Inclusion by Relevance: AI-Driven Session Discovery for Canada's Indigenous Classrooms

Bharat Malhotra
Mar 23
4 min read

Connected North (CN) is a TakingITGlobal programme that connects K–12 students in remote Indigenous communities across Canada to live virtual learning sessions — delivered by scientists, artists, Elders, career mentors, and more.

The Promise and the Gap

Connected North's catalog has grown to nearly 3,000 sessions from 447 providers — Indigenous role models, cultural knowledge keepers, scientists, artists, and career mentors — reaching over 40,000 students across 218 schools annually. It is one of the most diverse virtual learning catalogs built specifically for Indigenous communities in Canada.

But a catalog is only as inclusive as it is discoverable. With no personalised discovery layer, teachers navigating the web app tended to re-book familiar sessions. Newer sessions, Indigenous-led content, and community-sourced programming — often the most culturally relevant — were the least likely to be found. The catalog's breadth was real; its reach was not.

The Data Challenge

Before building anything, the team had to confront the data it actually had — and it was far from ideal.

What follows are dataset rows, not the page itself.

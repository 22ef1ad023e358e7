-- ===== src/E1000/Poll.antt =====
-- src/e1000.rs: `poll`, which takes one packet off the receive ring. An index past the end of a
-- packet panics, as it does in the source.
pub mod Ring
pub mod Answer
pub mod Get
use qore_os.Base.{
  ℕ, ◌+◌, ◌*◌, ◌%◌, List, [], ◌∷◌, ◌++◌, Bool, true, false, ◌&&◌, not, bit_and, length, ltb, ◌==◌,
  if◌then◌else◌,
}
use qore_os.Ram.{load, from_le, load64}
use qore_os.Text.{codes, decimal, hex4}
use qore_os.Machine.{Hardware, write_ram}
use qore_os.E1000.{Kernel, my_ip, resize, terminal_print, transmit, write_register}
use qore_os.E1000.Arp.{Mac, Ip, mac_bytes, ip_bytes, ip_eq, insert}
use qore_os.Net.{be16, ip_at, handle_incoming_packet}
use qore_os.Net.Craft.{mac_at}

-- A call that returns or panics.
pub data Outcome {ℓ} (A : Type ℓ) : Type ℓ where
  panic : Outcome A
  done : A → Outcome A

abbrev pub rx_descriptor : Kernel → ℕ
rx_descriptor k = k.nic.rx_ring_ptr + k.nic.current_rx_bucket * 16

-- `(descriptor.status & 1) != 0`, of the descriptor that the card is at.
unfoldable pub has_packet : Kernel → Bool
has_packet k = not (bit_and (k.machine.ram (rx_descriptor k + 12)) 1 == 0)

-- The bytes that the descriptor gives the address and the length of.
unfoldable pub received : Kernel → List ℕ
received k =
    load k.machine.ram (load64 k.machine.ram (rx_descriptor k))
      (from_le (load k.machine.ram (rx_descriptor k + 8) 2))

abbrev pub dotted : Ip → List ℕ
dotted ip =
    decimal ip.a
    ++ (codes "." ++ (decimal ip.b ++ (codes "." ++ (decimal ip.c ++ (codes "." ++ decimal ip.d)))))

unfoldable pub arp_reply_frame : Mac → Mac → Ip → List ℕ
arp_reply_frame mac sender_mac sender_ip =
    resize
      (mac_bytes sender_mac
        ++ (mac_bytes mac
            ++ ((0x08 ∷ 0x06 ∷ 0x00 ∷ 0x01 ∷ 0x08 ∷ 0x00 ∷ 0x06 ∷ 0x04 ∷ 0x00 ∷ 0x02 ∷ [])
                ++ (mac_bytes mac
                    ++ ((10 ∷ 0 ∷ 2 ∷ 15 ∷ []) ++ (mac_bytes sender_mac ++ ip_bytes sender_ip))))))
      60

unfoldable pub arp_reply : Hardware → Mac → Ip → Kernel → Kernel
arp_reply hw sender_mac sender_ip k =
    transmit hw (arp_reply_frame k.nic.mac_address sender_mac sender_ip) 60
      (terminal_print (codes "> NET: THAT IS US! TRANSMITTING ARP REPLY...\n") 0x10B981 k)

-- `opcode == 1`
unfoldable pub answer_arp : Hardware → List ℕ → Kernel → Kernel
answer_arp hw packet k =
    let target_ip = ip_at packet 38 in
    let sniffer_msg = codes "> NET: ROUTER ASKING FOR IP " ++ (dotted target_ip ++ codes "\n") in
    let k1 = terminal_print sniffer_msg 0xF59E0B k in
    if ip_eq target_ip my_ip then arp_reply hw (mac_at packet 22) (ip_at packet 28) k1 else k1

-- The branch of an ARP packet.
unfoldable pub handle_arp : Hardware → List ℕ → Kernel → Outcome Kernel
handle_arp hw packet k =
    let k1 = record k { arp = insert k.arp (ip_at packet 28) (mac_at packet 22) } in
    if ltb (length packet) 22
    then panic
    else if be16 packet 14 == 1 && be16 packet 16 == 0x0800
    then (if ltb (length packet) 42
        then panic
        else done (if be16 packet 20 == 1 then answer_arp hw packet k1 else k1))
    else done k

unfoldable pub dispatch : Hardware → List ℕ → Kernel → Outcome Kernel
dispatch hw packet k =
    let ethertype = be16 packet 12 in
    let tap_msg =
      codes "> NET [RAW]: HARDWARE TRIGGERED! LEN: "
      ++ (decimal (length packet) ++ (codes " ETHERTYPE: 0x" ++ (hex4 ethertype ++ codes "\n"))) in
    let k1 = terminal_print tap_msg 0x8B5CF6 k in
    if ltb (length packet) 14
    then panic
    else if ethertype == 0x0806
    then handle_arp hw packet k1
    else if ethertype == 0x0800
    then done (handle_incoming_packet hw packet k1)
    else done k1

-- What `poll` does once the packet is handled: clear the status of the descriptor it came by, go on
-- to the next bucket and hand the old one back.
unfoldable pub release : ℕ → Kernel → Kernel
release descriptor_addr k =
    let old_bucket = k.nic.current_rx_bucket in
    write_register 0x2818 old_bucket (record k {
      nic = record (k.nic) { current_rx_bucket = (old_bucket + 1) % 32 };
      machine = write_ram (descriptor_addr + 12) (0 ∷ []) k.machine;
    })

unfoldable pub map_outcome {ℓ κ} : {A : Type ℓ} {B : Type κ} → (A → B) → Outcome A → Outcome B
map_outcome f panic = panic
map_outcome f (done a) = done (f a)

unfoldable pub poll : Hardware → Kernel → Outcome (Bool × Kernel)
poll hw k =
    if has_packet k
    then map_outcome (λ k'. (true, release (rx_descriptor k) k')) (dispatch hw (received k) k)
    else done (false, k)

Teacher session ratings existed, but 78.7% were 5-star ratings. With almost no variation, ratings were statistically useless as a training signal. Free-text feedback from teachers — the richest indicator of genuine satisfaction — covered only 9.4% of session records. And of the thousands of data fields analysed across CN's database, a large proportion had low coverage, inconsistent formatting, or missing history, making them unusable for modelling. Starting from 82 candidate features, only 42 survived rigorous testing as genuinely predictive.

These are the kinds of constraints that stop most ML projects before they reach production. The team's response was to work thoughtfully with what existed, rather than wait for better data.

Engineering a Training Signal

Since no single reliable signal existed to train on, the team built one.

A Likeability Score was constructed by combining all available satisfaction signals in a weighted cascade — blending ratings, AI-analysed feedback sentiment, and teacher favourite flags in proportions that reflected the quality of evidence available for each session record. Where all three signals were present, all three contributed. Where only a favourite flag existed, that carried the full weight. The result was a training target that covered 70% of all session records with far more discriminating power than any individual signal.

This score became the ground truth the model trained on. Crucially, explicit thumbs-up and thumbs-down feedback collected from teachers after launch carries the highest weight in retraining, so the model sharpens over time on the clearest signal available: what teachers actually said they liked.

How the Model Works

The recommendation engine is a supervised ML ranking model — a tree ensemble — that learns what makes a session genuinely useful to a teacher, and then scores every available session for every teacher to generate a personalised ranked list.

The 42 features it draws on span the full context of a booking: the provider's track record, the session's quality history, how well the session's grade and subject coverage matches the teacher's profile, how similar teachers have responded to the same session in the past, and how a session's content aligns with the school's own history of sessions it has valued most. That last signal — measuring a session's semantic similarity against a prototype built from each school's most liked sessions — proved one of the stronger predictors, capturing cultural and contextual fit that structured metadata alone could not.

Two simple rules apply after scoring: sessions the teacher has already completed are removed, and sessions they have explicitly disliked are excluded from future recommendations.

The System

The full solution was delivered as a production-ready, end-to-end automated system — not a prototype. It retrains itself monthly on fresh data, refreshes recommendations every night without any API downtime, and serves results to teachers with very low latency. New teachers with no booking history are handled through an intelligent peer-based fallback, so every teacher gets relevant recommendations from day one. Everything runs on a GitHub-based CI/CD pipeline, so model updates are version-controlled and deployed without manual intervention. The system monitors itself continuously — polling its own health every 60 seconds, firing instant alerts on failures, and emailing the CN team a daily summary of recommendations and feedback — so the team has full visibility without needing to manage dashboards. Infrastructure runs on AWS in Canada Central for data residency compliance at very affordable infrastructure costs.

Inclusion by Relevance

More than 80% of teachers polled during user acceptance testing said they liked the recommendations they received — a strong validation that the model's predictions align with what teachers find genuinely useful, despite the significant data constraints it was built on.

But the deeper significance goes beyond a satisfaction score. A catalog of 3,000 sessions only delivers on CN's digital inclusion mission if teachers can find what is actually relevant to their students. By surfacing sessions that match a school's community context, cultural affiliations, and the kinds of content its teachers have valued most, the engine quietly expands which sessions get booked — including Indigenous-led content, community-sourced programming, and culturally grounded sessions that unassisted search would leave buried. When relevance improves, the full richness of the catalog reaches the classrooms it was built for. Discovery, done well, is itself an act of inclusion.